- [WHAT YOU NEED TO DO]: Word for word, transcribe the data below from the line with "Outcome before (ok, after)" to the line with "let twin : is_open", keeping both of those lines.
----- RECORDS FOR THE EXERCISE
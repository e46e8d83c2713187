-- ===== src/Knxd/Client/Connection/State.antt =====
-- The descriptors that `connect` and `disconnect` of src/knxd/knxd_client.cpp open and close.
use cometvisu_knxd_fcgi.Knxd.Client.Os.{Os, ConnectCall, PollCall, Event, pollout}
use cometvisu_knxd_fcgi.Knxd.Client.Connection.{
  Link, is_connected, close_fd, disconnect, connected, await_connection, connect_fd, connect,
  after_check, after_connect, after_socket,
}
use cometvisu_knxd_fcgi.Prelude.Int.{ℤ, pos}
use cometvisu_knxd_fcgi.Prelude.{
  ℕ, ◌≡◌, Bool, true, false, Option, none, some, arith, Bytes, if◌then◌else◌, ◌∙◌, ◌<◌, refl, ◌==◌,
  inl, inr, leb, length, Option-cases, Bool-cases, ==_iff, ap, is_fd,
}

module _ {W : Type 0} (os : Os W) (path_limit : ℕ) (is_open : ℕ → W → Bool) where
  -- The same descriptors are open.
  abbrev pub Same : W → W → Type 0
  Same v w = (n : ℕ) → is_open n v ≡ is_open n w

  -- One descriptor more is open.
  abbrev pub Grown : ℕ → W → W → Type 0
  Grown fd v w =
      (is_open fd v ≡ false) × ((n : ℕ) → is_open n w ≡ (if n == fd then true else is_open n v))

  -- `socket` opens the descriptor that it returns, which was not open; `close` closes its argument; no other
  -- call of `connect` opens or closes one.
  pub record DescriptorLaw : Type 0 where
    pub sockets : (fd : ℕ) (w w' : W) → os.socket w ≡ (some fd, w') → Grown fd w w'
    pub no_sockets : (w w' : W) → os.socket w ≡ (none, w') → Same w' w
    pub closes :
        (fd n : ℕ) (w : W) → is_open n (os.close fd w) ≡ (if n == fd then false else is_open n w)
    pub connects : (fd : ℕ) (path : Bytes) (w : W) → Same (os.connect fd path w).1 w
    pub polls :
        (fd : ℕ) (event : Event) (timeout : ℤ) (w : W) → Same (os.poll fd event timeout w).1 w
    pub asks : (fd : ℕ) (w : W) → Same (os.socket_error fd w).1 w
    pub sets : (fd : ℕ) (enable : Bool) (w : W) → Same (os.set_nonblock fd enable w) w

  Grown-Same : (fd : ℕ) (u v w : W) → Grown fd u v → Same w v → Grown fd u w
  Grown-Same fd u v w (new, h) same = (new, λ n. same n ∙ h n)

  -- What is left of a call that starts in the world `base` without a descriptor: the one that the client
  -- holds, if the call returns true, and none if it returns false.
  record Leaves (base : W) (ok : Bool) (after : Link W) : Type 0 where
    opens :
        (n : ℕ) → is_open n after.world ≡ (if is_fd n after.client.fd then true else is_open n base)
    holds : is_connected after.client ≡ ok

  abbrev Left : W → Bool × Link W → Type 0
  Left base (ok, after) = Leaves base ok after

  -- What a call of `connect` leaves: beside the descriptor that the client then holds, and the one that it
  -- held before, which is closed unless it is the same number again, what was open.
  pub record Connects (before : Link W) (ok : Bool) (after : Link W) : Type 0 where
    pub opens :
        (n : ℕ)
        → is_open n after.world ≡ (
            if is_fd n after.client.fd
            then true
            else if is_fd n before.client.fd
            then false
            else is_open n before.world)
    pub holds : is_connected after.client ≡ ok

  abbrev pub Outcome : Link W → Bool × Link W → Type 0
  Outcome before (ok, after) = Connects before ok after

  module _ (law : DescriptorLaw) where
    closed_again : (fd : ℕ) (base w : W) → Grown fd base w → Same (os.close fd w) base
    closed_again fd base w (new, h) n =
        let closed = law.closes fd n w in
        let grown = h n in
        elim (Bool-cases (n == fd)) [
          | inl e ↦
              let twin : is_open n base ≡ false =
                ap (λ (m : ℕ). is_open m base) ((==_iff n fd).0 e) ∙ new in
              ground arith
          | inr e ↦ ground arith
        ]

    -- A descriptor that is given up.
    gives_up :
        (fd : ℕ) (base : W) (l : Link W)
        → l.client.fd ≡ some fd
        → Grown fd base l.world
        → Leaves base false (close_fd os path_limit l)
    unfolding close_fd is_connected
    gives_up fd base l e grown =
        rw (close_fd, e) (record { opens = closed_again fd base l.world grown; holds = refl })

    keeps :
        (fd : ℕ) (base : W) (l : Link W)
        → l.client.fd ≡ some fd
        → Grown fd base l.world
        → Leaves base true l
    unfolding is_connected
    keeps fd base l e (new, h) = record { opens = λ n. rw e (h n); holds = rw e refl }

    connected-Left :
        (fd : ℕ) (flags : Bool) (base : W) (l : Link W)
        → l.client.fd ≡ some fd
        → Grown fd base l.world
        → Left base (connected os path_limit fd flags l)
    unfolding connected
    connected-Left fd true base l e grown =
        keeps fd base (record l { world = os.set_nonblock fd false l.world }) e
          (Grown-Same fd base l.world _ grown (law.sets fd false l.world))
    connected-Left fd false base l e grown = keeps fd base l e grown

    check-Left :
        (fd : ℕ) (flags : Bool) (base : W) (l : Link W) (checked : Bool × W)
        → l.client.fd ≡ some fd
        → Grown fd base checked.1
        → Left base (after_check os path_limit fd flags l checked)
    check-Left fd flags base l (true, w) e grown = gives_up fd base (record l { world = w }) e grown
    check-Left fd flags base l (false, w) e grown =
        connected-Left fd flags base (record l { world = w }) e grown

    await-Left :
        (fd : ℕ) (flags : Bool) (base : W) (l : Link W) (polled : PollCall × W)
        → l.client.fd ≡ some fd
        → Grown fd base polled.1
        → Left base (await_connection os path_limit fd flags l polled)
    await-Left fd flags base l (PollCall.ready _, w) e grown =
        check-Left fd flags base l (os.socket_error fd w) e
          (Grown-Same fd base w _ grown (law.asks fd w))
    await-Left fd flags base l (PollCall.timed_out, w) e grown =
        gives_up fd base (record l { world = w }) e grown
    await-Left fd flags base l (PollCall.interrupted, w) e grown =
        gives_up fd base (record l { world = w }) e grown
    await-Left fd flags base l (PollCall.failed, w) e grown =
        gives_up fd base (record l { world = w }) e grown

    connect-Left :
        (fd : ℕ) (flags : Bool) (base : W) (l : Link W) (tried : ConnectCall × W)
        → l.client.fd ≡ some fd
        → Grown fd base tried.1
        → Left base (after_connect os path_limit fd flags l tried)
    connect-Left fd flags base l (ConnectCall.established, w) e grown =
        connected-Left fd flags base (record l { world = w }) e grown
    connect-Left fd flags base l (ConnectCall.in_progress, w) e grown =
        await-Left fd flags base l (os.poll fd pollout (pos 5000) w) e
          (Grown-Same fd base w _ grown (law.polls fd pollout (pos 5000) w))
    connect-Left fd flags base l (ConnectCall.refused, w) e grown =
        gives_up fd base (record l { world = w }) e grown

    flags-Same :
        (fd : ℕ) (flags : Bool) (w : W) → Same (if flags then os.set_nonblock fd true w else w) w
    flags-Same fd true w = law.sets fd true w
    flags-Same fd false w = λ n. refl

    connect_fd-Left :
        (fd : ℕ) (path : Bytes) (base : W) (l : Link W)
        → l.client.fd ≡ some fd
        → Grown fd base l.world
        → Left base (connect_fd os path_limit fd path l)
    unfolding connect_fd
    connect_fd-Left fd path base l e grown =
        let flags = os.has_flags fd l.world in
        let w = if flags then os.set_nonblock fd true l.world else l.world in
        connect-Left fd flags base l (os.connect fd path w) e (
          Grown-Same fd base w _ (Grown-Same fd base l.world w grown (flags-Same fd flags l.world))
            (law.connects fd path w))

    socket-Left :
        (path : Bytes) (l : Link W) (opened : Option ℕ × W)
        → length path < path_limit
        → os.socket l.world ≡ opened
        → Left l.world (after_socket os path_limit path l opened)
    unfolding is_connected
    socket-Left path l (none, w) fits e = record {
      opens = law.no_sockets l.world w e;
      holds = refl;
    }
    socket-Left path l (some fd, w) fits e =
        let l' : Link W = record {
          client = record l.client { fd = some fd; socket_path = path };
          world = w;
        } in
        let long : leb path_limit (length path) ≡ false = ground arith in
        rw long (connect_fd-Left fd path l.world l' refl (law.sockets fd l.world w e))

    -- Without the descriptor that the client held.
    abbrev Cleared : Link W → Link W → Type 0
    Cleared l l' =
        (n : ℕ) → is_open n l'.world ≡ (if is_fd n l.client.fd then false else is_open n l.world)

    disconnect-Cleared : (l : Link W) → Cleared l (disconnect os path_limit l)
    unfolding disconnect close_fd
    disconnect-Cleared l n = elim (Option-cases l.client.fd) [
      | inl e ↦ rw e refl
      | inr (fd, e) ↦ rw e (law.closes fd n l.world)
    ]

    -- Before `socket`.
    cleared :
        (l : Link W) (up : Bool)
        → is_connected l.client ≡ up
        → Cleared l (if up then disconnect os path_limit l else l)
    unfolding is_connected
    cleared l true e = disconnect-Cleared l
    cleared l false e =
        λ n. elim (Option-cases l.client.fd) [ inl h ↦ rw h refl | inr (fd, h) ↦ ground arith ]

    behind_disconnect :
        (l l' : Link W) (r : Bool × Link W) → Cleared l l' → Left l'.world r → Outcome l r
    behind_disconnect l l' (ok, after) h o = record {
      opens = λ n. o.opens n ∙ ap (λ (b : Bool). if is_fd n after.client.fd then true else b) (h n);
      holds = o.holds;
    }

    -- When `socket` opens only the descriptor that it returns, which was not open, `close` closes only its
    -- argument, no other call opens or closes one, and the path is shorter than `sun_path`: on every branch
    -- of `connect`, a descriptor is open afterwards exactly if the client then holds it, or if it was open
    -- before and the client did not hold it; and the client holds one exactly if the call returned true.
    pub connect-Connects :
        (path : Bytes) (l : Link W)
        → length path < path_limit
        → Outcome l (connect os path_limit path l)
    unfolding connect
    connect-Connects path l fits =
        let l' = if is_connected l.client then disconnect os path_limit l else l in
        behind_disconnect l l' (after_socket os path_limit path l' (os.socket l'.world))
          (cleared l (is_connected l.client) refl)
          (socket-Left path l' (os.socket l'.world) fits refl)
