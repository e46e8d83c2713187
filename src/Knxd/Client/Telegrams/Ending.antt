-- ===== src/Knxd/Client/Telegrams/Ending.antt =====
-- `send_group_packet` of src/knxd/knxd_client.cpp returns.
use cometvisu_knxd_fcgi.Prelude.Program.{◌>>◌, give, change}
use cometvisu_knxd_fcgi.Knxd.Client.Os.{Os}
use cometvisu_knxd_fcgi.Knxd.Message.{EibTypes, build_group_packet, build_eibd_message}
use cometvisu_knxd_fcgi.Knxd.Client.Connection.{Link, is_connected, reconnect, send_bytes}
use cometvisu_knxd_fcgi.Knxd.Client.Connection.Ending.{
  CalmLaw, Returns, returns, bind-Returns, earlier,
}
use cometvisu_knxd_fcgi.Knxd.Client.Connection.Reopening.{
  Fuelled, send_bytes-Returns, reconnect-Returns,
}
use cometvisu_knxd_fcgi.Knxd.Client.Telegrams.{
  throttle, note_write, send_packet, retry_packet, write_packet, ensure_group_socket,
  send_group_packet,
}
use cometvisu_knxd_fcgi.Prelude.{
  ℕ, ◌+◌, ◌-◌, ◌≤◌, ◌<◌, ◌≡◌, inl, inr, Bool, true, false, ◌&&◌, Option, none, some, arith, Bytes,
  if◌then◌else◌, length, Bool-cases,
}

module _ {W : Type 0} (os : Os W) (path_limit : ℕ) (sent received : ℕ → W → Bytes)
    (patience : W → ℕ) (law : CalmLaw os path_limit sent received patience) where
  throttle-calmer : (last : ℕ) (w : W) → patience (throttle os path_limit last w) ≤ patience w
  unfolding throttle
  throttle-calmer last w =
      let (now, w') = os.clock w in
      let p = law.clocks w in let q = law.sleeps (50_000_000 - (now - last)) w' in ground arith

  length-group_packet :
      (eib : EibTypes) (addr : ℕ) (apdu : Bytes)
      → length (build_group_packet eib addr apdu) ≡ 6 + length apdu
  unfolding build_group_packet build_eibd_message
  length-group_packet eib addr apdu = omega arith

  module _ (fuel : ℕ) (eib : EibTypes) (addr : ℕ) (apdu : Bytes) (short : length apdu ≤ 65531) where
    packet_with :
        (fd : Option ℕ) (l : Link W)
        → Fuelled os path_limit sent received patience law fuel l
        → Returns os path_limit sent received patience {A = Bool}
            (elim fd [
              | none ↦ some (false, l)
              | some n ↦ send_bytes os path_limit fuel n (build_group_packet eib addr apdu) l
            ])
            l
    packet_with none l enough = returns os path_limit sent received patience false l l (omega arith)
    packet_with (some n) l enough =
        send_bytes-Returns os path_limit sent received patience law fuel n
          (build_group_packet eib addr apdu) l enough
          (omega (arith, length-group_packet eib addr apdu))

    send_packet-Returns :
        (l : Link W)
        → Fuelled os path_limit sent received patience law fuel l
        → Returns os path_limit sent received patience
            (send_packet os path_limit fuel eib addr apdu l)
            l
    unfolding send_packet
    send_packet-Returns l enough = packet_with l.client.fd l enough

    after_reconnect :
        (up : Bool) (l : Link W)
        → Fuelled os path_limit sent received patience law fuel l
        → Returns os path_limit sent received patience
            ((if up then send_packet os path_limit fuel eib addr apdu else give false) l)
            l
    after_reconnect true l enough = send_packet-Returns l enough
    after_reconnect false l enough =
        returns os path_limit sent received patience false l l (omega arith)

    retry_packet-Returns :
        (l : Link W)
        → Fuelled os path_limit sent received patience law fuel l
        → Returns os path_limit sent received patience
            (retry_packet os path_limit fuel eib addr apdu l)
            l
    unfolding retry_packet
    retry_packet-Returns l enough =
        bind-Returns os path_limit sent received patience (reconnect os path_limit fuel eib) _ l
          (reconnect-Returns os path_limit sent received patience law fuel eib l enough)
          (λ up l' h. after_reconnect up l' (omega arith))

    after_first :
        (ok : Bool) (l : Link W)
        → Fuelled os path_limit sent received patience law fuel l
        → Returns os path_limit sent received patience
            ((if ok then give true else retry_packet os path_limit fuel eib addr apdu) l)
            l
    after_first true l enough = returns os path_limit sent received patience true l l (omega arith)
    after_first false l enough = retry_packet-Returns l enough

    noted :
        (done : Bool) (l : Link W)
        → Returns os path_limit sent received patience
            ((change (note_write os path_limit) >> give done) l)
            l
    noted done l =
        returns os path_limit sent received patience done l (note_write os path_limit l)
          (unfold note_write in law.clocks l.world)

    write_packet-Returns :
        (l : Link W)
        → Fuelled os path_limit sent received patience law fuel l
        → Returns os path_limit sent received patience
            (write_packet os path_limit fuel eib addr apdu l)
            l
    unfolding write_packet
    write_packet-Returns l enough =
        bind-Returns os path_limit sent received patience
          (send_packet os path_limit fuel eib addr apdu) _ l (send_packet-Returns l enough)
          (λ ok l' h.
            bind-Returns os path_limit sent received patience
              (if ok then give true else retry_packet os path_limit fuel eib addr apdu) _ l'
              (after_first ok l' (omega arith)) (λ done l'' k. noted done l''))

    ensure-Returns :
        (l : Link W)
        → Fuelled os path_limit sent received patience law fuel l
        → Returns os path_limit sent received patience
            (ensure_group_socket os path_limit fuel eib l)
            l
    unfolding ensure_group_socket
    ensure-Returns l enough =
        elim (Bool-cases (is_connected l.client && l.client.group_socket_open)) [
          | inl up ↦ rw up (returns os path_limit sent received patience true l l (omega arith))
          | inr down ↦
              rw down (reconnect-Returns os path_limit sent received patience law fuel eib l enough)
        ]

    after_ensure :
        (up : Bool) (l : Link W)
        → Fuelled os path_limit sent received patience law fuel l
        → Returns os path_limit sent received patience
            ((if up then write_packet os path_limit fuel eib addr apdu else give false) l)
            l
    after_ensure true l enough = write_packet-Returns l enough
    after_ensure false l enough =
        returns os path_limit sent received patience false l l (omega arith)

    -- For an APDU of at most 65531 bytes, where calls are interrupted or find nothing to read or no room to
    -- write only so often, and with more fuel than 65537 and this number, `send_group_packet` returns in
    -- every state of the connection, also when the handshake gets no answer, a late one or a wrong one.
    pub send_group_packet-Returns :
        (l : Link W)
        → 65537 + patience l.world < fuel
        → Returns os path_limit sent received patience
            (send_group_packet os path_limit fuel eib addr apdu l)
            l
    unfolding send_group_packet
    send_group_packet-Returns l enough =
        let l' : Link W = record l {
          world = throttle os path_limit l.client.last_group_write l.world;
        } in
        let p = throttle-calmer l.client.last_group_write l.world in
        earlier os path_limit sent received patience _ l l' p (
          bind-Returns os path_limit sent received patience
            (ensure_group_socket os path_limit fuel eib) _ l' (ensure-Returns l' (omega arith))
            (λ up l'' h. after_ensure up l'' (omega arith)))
----------
- [EXPECTED ANSWER]:
  Outcome before (ok, after) = Connects before ok after

  module _ (law : DescriptorLaw) where
    closed_again : (fd : ℕ) (base w : W) → Grown fd base w → Same (os.close fd w) base
    closed_again fd base w (new, h) n =
        let closed = law.closes fd n w in
        let grown = h n in
        elim (Bool-cases (n == fd)) [
          | inl e ↦
              let twin : is_open n base ≡ false =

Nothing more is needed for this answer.